Natalie O'Brien | July 01, 2008
POLYGAMY has split the Australian Islamic community, pitting senior Muslim leaders against each other over the religious teachings on the issue.
A statement from the National Imams Council saying polygamy was banned in Australia and that calls for its legalisation were unwarranted was criticised by other senior community leaders as well as its own members.
Outspoken Muslim cleric and Sydney imam Taj Din al-Hilali attacked the imams council for putting out a statement that "contradicts the wisdom and teachings of God".
Sheik Hilali "reminded those imams" that compromise through watering down religious teaching was wrong.
The chairman of the Jemiat Ulama of Australia (Muslim Council of Theologians), Adbul Quddoos, said the imams council was not telling people the correct thing.
Islamic Friendship Association president Keysar Trad, who sparked the debate on polygamy last week, wrote to the council saying it had "no right to conceal the solutions that our faith offers to social problems".
"If they followed the comments correctly, they would see we are not asking for anything, all we are doing is offering solutions to social problems," Mr Trad said yesterday.
In The Australian last Thursday, Mr Trad admitted that he had once considered the idea of marrying another woman, backing calls by another senior member of the Islamic community, Khalil Chami, for polygamous relationships to be recognised.
Sheikh Chami of the Islamic Welfare Centre said last week there was nothing wrong with having a number of marriages: 'You allow the lesbians, you allow the gays - why not these people? What's wrong with it?"

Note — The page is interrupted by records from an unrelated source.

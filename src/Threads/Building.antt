-- ===== src/Threads/Building.antt =====
-- The branch JOB_REQUEST of `process_message` in agente_c/src/resource_manager.c as a program.
use tp_sist_op.Parsing.JobRequest.{ResourceRequest}
use tp_sist_op.Prelude.{ℕ, true, false, List, [], ◌∷◌, Option, none, some, if◌then◌else◌, bytes_eq}
use tp_sist_op.Prelude.Int.{ℤ}
use tp_sist_op.Queue.{Origin}
use tp_sist_op.Jobs.{
  AllocType, Job, Result, Message, crear_allocation, crear_outrequest, tabla_jobs_buscar_por_id,
  tabla_jobs_insertar_job, tabla_jobs_verificar,
}
use tp_sist_op.Nodes.{tabla_nodos_get_puerto}
use tp_sist_op.Manager.{ResourceManager, erlang_local, agente_remoto}
use tp_sist_op.Manager.Requests.{nuevo_job, add_alloc, add_outrequest, attempt}
use tp_sist_op.Threads.{Lock, Prog, done, lock, unlock, access}
use tp_sist_op.Threads.Calls.{
  look, send_message_prog, reserve_resource_prog, limpiar_colas_por_id_prog, lookup_prog,
  drop_allocs_prog,
}

-- The planner is told after the table is unlocked.
unfoldable pub give_up_prog : ℕ → ℤ → Job → Prog
give_up_prog conn job_id job = limpiar_colas_por_id_prog job_id (
    drop_allocs_prog job_id false job.confirmadas
      (unlock Lock.tabla (send_message_prog conn erlang_local (Message.job_denied job_id) done)))

-- `tabla_nodos_get_puerto`, under the mutex of the table.
unfoldable pub get_puerto_prog : List ℕ → (ℤ → Prog) → Prog
get_puerto_prog ip k =
    lock Lock.nodos (look (λ m. unlock Lock.nodos (k (tabla_nodos_get_puerto m.nodos ip))))

unfoldable pub insert_job : Job → ResourceManager → ResourceManager
insert_job job m = record m { tabla = tabla_jobs_insertar_job m.tabla job }

-- What follows the loop.
unfoldable pub finish_prog : ℕ → ℤ → Job → Prog
finish_prog conn job_id job = access (insert_job job) (λ _. look (λ m.
    if tabla_jobs_verificar m.tabla job_id
    then send_message_prog conn erlang_local (Message.job_granted job_id) (unlock Lock.tabla done)
    else unlock Lock.tabla done))

-- The local allocation of a request.
unfoldable pub with_alloc : ℕ → ℤ → ResourceRequest → List ℕ → Result → Job → Job
with_alloc conn job_id head ip r =
    add_alloc (crear_allocation head.type head.amount AllocType.local ip job_id r conn)

-- The pending request of a request.
unfoldable pub with_outrequest : ResourceRequest → ℕ → Option Message → Job → Job
with_outrequest head conn msg =
    add_outrequest (crear_outrequest head.ip conn head.type head.amount msg)

-- The loop over the list of requests. `g_ip` is read without a lock: it is set once, at the start.
unfoldable pub requests_prog : ℕ → ℤ → List ResourceRequest → List (Option ℕ) → Job → Prog
requests_prog conn job_id [] tries job = finish_prog conn job_id job
requests_prog conn job_id (head ∷ next) tries job =
    let msg = Message.reserve job_id head.type head.amount in
    look (λ m. elim (bytes_eq head.ip m.ip) [
      | true ↦ reserve_resource_prog head.type head.amount job_id conn Origin.local (elim [
        | Result.granted ↦
            requests_prog conn job_id next tries
              (with_alloc conn job_id head m.ip Result.granted job)
        | Result.queued ↦
            requests_prog conn job_id next tries
              (with_alloc conn job_id head m.ip Result.queued job)
        | Result.denied ↦ give_up_prog conn job_id job
      ])
      | false ↦ lookup_prog head.ip (elim [
        | some remote ↦
            send_message_prog remote agente_remoto msg
              (requests_prog conn job_id next tries (with_outrequest head remote none job))
        | none ↦ get_puerto_prog head.ip (λ puerto. elim (attempt puerto tries).0 [
          | none ↦ give_up_prog conn job_id job
          | some c ↦
              requests_prog conn job_id next (attempt puerto tries).1
                (with_outrequest head c (some msg) job)
        ])
      ])
    ])

unfoldable pub on_job_request_prog : ℕ → ℤ → List ResourceRequest → List (Option ℕ) → Prog
on_job_request_prog conn job_id reqs tries = lock Lock.tabla (
    look (λ m. elim (tabla_jobs_buscar_por_id m.tabla job_id) [
      | some j ↦ unlock Lock.tabla done
      | none ↦ requests_prog conn job_id reqs tries (nuevo_job conn job_id)
    ]))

Sheikh Chami has said polygamous marriages, although illegal, existed in Australia and he had been asked almost weekly to conduct polygamous religious ceremonies. But while he has refused, other imams did not.
Yesterday, Sheik Chami refused to comment further on the issue.
In response to the media furore, the imams council last Thursday released a statement, saying that as "Australian Muslims we recognise that the Marriage Act 1961 prohibits polygamy and we are not proposing any changes to this law".
In the first public statement since its inception more than a year ago, the imams council said calling for legalising polygamy in Australia was unwarranted in the current Australian context.
"In our experience, relationships outside the legally recognised marriages among the Muslim community in Australia are neither a significant nor a widespread practice," it said.
"The priority of the imams of Australia is to focus on strengthening existing marriages and encouraging harmony within the family unit. It is also our sincere wish to focus on issues that unify rather than those that create division and dispute within the Australian community."
Sheik Hilali said yesterday that the norm in marriage was one man and one woman and Islam did not call for polygamy. He said it was provided only as a solution for certain situations and must follow stringent rules.